BM25 Implementation: Inverted Index and Dynamic Pruning at Scale
From Formula to Production
BM25 is just a scoring formula. Making it work at scale over 100 million documents requires an inverted index, compression, and pruning algorithms that avoid scanning everything. The gap between textbook BM25 and production BM25 is where the engineering complexity lives.
The Inverted Index Foundation
Map each term to a postings list containing (document ID, term frequency) pairs. For 100 million documents averaging 200 tokens each, you have roughly 20 billion term occurrences. Without positional data, integer compression (variable byte or PForDelta) shrinks to 1 to 2 bytes per posting, yielding 20 to 40 GB for the core index. This is easily RAM resident on servers with 128 to 256 GB memory. The term dictionary (1 to 5 GB for 10 million unique terms) stays in RAM along with frequently accessed postings.
Query Execution at Scale
For query "cheap pizza near me", first look up each term in the dictionary to retrieve postings lists. Common term "cheap" might return 2 million document IDs; "pizza" returns 500,000. Compute intersection, score each candidate using BM25, maintain a min heap of top K scores (typically K equals 1000 for first retrieval stage). Naive implementation scanning all 2 million postings takes 200 to 400 ms; production systems finish in 15 to 25 ms through aggressive pruning.
Dynamic Pruning with WAND
The key insight: you want top K results, not all results. Track the K-th best score as threshold (initially 0, quickly rising to perhaps 8.5 after first few hundred documents). For each candidate, compute maximum possible score assuming all query terms match with max TF. If max possible (say 7.2) is below threshold (8.5), skip without exact scoring. Result: 2 million postings become 50,000 actually scored. WAND (Weak AND) processes postings in document ID order, maintaining pivot pointers that skip entire blocks. BlockMax WAND stores per block maximum scores, enabling 90 to 95 percent of postings to be skipped.

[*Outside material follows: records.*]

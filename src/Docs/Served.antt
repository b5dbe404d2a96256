-- ===== src/Docs/Served.antt =====
-- The document that Register mounts, as a client gets it: the security scheme of Spec and the servers
-- of handleSpec together.
use kratos_micro_layout.Prelude.{
  ◌≡◌, refl, sym, ap, ◌∙◌, true, false, Option, none, some, List, [], ◌∷◌, ◌++◌, All, Text, codes,
  inl, inr, ◌⊎◌,
}
use mathlib.Core.Path.{subst}
use kratos_micro_layout.Text.{has_prefix, contains}
use kratos_micro_layout.Http.{Request, Writer}
use kratos_micro_layout.Docs.{
  unlines, is_servers, is_url, url_first, is_components, is_openapi, scheme_lines, security_lines,
  origin, handle_spec, with_security_scheme, spec, spec_path, Mounts, mounts, register,
}
use kratos_micro_layout.Docs.Lines.{IsLine, inserted, Keeps, Keeps-trans, Keeps-inserted}
use kratos_micro_layout.Docs.Inserted.{HasBlock, any_line, inserted-HasBlock, All-inserted}
use kratos_micro_layout.Docs.Scheme.{
  componented, componented-IsLine, with_security_scheme-unlines, HasBlock-inserted, any_line-Keeps,
  nil-IsLine,
}
use kratos_micro_layout.Docs.Servers.{Serves, handle_spec_lem}
use kratos_micro_layout.Docs.Around.{
  url_is_plain, none_of_urls, inserted_servers, inserted-Ends, inserted_around, security_quiet,
  componented-Around,
}

register-some :
    (read_file : Text → Option Text) (domain raw : Text)
    → read_file (spec_path domain) ≡ some raw
    → (m : Mounts) × (register read_file domain ≡ some m) × (m.document ≡ with_security_scheme raw)
unfolding register spec
register-some read_file domain raw found =
    (mounts (with_security_scheme raw), rw (found, register, spec) refl, refl)

security_lines-IsLine : All IsLine security_lines
unfolding contains
security_lines-IsLine = (refl, (refl, tt))

with_security_scheme-lines :
    (ls out : List Text)
    → All IsLine ls
    → inserted is_openapi security_lines (componented ls) ≡ out
    → (with_security_scheme (unlines ls []) ≡ unlines out []) × All IsLine out
with_security_scheme-lines ls out h e = (
  with_security_scheme-unlines ls h ∙ ap (λ x. unlines x []) e,
  subst (All IsLine) e (
      All-inserted is_openapi security_lines (componented ls) security_lines-IsLine
        (componented-IsLine ls h)),
)

-- A list of servers between other lines, as handleSpec takes it.
abbrev list_of : Text → List Text → List Text
list_of u urls = codes "servers:" ∷ u ∷ urls

list_is_plain :
    (u : Text) (urls : List Text)
    → All (λ l. is_url l ≡ true) (u ∷ urls)
    → (any_line is_components (list_of u urls) ≡ false)
      × (any_line is_openapi (list_of u urls) ≡ false)
unfolding any_line is_openapi has_prefix
list_is_plain u urls h = (
  none_of_urls is_components (u ∷ urls) (λ l hl. (url_is_plain l hl).0) h,
  none_of_urls is_openapi (u ∷ urls) (λ l hl. (url_is_plain l hl).1) h,
)

-- What a client reads of a document: its lines before and behind the servers with the lines that
-- Spec adds, and the origin of the request between them.
pub record IsServed (pre post : List Text) (req : Request) (w : Writer) : Type 0 where
  pub before : List Text
  pub after : List Text
  pub keeps_before : Keeps pre before
  pub keeps_after : Keeps post after
  pub scheme :
      HasBlock is_components scheme_lines before ⊎ HasBlock is_components scheme_lines after
  pub required : HasBlock is_openapi security_lines before
  pub serves :
      Serves
        (unlines (before ++ codes "servers:" ∷ (codes "    - url: " ++ origin req) ∷ after) [])
        w

-- Register mounts the document of its domain so that a client, who is still there and was sent
-- nothing, reads the lines of the file in order, the scheme below a line `components:`, the
-- requirement below a line `openapi:` before the servers, and the origin of its own request as the
-- only server, if the file has one list of servers behind a line `openapi:` and its lines all end
-- with a newline.
pub register-IsServed :
    (read_file : Text → Option Text) (domain : Text) (pre urls post : List Text) (u : Text)
    (req : Request) (w : Writer)
    → read_file (spec_path domain)
      ≡ some (unlines (pre ++ codes "servers:" ∷ u ∷ (urls ++ post)) [])
    → All IsLine (pre ++ codes "servers:" ∷ u ∷ (urls ++ post))
    → any_line is_openapi pre ≡ true
    → any_line is_servers pre ≡ false
    → All (λ l. is_url l ≡ true) (u ∷ urls)
    → any_line is_servers post ≡ false
    → url_first post ≡ false
    → w.sent ≡ none
    → w.body ≡ []
    → w.gone ≡ false
    → (m : Mounts) × (register read_file domain ≡ some m)
      × IsServed pre post req (handle_spec m.document req w)
register-IsServed read_file domain pre urls post u req w found all_lines versioned hp hu hq ends
      unsent empty here =
    let list = list_of u urls in
    let ls = pre ++ (list ++ post) in
    let (plain, unversioned) = list_is_plain u urls hu in
    let (p, q, splits, around) = componented-Around pre list post hp plain (hq, ends) in
    let before = inserted is_openapi security_lines p in
    let after = inserted is_openapi security_lines q in
    let out : inserted is_openapi security_lines (componented ls) ≡ before ++ (list ++ after) =
      ap (inserted is_openapi security_lines) splits
      ∙ inserted_around is_openapi security_lines security_quiet p list q unversioned in
    let (m, mounted, document) = register-some read_file domain (unlines ls []) found in
    let (given, fit) = with_security_scheme-lines ls (before ++ (list ++ after)) all_lines out in
    let (none_after, ends_after) =
      inserted-Ends is_openapi security_lines security_quiet q around.ends in
    (
      m,
      mounted,
      record {
        before = before;
        after = after;
        keeps_before = Keeps-trans around.before (Keeps-inserted is_openapi security_lines p);
        keeps_after = Keeps-trans around.after (Keeps-inserted is_openapi security_lines q);
        scheme = elim around.scheme [
          | inl h ↦ inl (HasBlock-inserted p h)
          | inr h ↦ inr (HasBlock-inserted q h)
        ];
        required =
            inserted-HasBlock is_openapi security_lines p
              (any_line-Keeps is_openapi around.before versioned);
        serves =
            subst
              (λ d.
                Serves
                  (unlines
                    (before ++ codes "servers:" ∷ (codes "    - url: " ++ origin req) ∷ after) [])
                  (handle_spec d req w))
              (sym (document ∙ given))
              (handle_spec_lem before urls after u [] req w fit nil-IsLine
                (inserted_servers is_openapi security_lines security_quiet p around.none_before) hu
                none_after ends_after unsent empty here);
      },
    )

Memory Hierarchy and Sharding
Cold postings live on NVMe SSDs with block compression; 4 KB block read takes 50 to 100 microseconds. If index exceeds RAM, shard across machines. Elasticsearch defaults to 5 primary shards queried in parallel with results merged by coordinator. Target: 80 percent of p99 latency should be CPU bound scoring, not IO waiting. For 100 million document index, expect 15 to 30 ms p50 latency with proper tuning.